Collected data entries
---
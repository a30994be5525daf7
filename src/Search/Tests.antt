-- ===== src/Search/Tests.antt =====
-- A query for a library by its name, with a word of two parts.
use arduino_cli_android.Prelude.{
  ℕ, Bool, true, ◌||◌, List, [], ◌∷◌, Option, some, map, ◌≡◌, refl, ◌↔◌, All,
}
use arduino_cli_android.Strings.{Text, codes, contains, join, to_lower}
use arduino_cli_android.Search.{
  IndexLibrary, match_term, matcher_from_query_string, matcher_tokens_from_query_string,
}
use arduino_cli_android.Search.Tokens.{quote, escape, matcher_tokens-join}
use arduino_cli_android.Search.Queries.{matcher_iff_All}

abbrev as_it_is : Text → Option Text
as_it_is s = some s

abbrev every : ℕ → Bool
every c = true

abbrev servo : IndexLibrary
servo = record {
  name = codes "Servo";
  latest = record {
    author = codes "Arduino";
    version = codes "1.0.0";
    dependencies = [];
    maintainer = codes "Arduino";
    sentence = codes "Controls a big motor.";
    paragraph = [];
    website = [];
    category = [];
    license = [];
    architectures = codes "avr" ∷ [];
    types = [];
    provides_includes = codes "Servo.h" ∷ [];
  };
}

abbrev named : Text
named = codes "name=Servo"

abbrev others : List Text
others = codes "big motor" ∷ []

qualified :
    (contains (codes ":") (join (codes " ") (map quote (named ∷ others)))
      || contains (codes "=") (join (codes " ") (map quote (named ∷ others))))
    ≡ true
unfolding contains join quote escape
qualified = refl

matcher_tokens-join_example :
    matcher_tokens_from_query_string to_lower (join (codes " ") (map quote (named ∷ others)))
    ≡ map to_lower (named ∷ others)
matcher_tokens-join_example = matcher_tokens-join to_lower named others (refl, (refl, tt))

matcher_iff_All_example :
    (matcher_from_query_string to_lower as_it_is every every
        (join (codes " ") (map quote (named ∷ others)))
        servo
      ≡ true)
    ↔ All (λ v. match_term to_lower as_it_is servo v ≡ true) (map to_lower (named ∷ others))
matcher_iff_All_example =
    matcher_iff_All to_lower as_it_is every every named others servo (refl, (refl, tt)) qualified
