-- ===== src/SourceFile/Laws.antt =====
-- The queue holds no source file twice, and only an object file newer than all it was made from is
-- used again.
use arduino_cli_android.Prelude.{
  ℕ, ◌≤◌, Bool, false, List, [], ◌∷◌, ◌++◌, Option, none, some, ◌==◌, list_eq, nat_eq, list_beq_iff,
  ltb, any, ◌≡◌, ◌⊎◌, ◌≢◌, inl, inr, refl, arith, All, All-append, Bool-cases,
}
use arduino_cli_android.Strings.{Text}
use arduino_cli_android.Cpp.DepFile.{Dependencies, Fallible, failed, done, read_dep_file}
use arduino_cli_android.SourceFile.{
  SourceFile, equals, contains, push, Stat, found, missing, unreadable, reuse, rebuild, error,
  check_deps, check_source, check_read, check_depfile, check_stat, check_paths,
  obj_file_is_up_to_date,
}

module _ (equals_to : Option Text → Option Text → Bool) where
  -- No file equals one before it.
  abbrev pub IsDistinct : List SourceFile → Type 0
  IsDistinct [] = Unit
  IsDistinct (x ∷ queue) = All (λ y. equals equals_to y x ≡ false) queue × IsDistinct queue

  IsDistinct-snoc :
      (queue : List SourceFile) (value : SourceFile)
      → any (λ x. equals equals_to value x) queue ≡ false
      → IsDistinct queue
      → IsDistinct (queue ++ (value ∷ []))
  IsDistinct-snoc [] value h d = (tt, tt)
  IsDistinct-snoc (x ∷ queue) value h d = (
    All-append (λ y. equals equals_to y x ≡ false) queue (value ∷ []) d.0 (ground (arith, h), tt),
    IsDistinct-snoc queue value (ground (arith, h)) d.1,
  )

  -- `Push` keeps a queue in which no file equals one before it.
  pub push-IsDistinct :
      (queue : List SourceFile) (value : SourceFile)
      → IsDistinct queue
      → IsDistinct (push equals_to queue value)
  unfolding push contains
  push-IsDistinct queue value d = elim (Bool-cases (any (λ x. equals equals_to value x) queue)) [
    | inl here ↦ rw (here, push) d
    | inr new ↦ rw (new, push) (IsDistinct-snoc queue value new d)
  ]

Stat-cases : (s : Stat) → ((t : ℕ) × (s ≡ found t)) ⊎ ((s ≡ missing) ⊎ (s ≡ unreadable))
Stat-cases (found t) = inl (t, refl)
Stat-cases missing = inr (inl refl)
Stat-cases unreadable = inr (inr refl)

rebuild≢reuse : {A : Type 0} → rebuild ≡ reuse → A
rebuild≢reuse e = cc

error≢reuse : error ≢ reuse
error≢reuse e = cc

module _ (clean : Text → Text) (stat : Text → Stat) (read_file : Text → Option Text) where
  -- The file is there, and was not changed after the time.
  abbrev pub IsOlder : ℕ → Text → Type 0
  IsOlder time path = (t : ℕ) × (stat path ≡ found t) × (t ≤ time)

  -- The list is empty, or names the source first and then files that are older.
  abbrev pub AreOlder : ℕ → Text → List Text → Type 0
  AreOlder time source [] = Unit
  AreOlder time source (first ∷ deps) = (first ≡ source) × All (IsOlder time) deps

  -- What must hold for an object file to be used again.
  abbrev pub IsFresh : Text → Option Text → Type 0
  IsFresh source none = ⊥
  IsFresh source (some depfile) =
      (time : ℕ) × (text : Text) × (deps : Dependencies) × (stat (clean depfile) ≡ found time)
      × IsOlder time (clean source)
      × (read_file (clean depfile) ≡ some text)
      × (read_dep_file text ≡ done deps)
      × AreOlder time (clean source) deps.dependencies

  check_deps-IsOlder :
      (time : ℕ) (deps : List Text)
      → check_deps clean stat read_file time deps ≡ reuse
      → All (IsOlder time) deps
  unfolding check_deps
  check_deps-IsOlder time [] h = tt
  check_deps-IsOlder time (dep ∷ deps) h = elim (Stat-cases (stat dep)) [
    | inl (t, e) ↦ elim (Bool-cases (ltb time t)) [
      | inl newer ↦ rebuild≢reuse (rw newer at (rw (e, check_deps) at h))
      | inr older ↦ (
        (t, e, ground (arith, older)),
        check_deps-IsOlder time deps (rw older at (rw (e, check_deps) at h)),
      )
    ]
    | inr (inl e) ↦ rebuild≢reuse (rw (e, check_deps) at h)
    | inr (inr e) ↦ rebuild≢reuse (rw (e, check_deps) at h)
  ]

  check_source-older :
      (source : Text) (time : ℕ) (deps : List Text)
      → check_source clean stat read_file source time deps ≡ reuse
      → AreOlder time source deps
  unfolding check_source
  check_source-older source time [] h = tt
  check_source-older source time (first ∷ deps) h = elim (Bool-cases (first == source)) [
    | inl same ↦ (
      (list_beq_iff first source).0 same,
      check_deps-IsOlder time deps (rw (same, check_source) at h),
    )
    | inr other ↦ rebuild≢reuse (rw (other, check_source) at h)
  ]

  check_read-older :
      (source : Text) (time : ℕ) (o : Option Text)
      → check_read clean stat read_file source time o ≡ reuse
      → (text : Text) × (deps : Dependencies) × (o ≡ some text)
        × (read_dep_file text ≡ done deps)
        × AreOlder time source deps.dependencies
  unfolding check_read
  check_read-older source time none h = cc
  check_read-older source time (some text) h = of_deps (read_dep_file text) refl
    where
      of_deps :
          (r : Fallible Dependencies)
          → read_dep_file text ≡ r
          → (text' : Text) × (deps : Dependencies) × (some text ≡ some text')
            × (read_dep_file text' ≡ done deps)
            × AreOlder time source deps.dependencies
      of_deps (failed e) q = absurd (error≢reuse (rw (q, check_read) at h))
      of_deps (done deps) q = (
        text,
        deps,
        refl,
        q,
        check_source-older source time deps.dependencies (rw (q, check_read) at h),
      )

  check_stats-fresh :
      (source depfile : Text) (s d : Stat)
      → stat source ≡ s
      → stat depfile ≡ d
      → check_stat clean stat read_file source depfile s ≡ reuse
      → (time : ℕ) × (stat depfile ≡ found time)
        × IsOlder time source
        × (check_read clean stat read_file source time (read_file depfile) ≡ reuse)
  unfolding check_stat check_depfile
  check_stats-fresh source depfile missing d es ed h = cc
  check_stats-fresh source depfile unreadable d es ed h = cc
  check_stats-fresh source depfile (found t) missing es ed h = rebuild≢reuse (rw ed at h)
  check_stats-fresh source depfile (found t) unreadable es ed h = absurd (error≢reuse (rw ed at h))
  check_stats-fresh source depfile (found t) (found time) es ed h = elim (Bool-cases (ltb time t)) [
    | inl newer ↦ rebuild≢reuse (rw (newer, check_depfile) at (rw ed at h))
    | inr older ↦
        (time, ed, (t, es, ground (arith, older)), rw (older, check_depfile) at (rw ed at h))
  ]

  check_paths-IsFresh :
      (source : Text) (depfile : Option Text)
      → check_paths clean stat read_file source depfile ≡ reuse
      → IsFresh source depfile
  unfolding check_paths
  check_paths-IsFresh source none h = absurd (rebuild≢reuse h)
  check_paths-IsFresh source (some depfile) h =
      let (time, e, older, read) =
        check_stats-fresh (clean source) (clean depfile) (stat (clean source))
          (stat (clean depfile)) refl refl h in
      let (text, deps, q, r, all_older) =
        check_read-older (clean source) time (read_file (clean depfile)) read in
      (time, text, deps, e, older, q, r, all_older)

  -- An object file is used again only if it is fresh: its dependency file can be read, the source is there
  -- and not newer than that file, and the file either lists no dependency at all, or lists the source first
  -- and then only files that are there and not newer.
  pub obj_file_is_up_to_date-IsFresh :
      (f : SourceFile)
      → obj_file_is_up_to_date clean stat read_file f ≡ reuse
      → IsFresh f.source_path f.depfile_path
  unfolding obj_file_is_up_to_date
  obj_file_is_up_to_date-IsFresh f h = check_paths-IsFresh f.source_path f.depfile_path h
---
__Work order__
Set down exactly the lines of the data above, beginning with the line that has "error≢reuse e = cc" and ending with the line that has "AreOlder time source (first", and no others.

__Task answer__
error≢reuse e = cc

module _ (clean : Text → Text) (stat : Text → Stat) (read_file : Text → Option Text) where
  -- The file is there, and was not changed after the time.
  abbrev pub IsOlder : ℕ → Text → Type 0
  IsOlder time path = (t : ℕ) × (stat path ≡ found t) × (t ≤ time)

  -- The list is empty, or names the source first and then files that are older.
  abbrev pub AreOlder : ℕ → Text → List Text → Type 0
  AreOlder time source [] = Unit
  AreOlder time source (first ∷ deps) = (first ≡ source) × All (IsOlder time) deps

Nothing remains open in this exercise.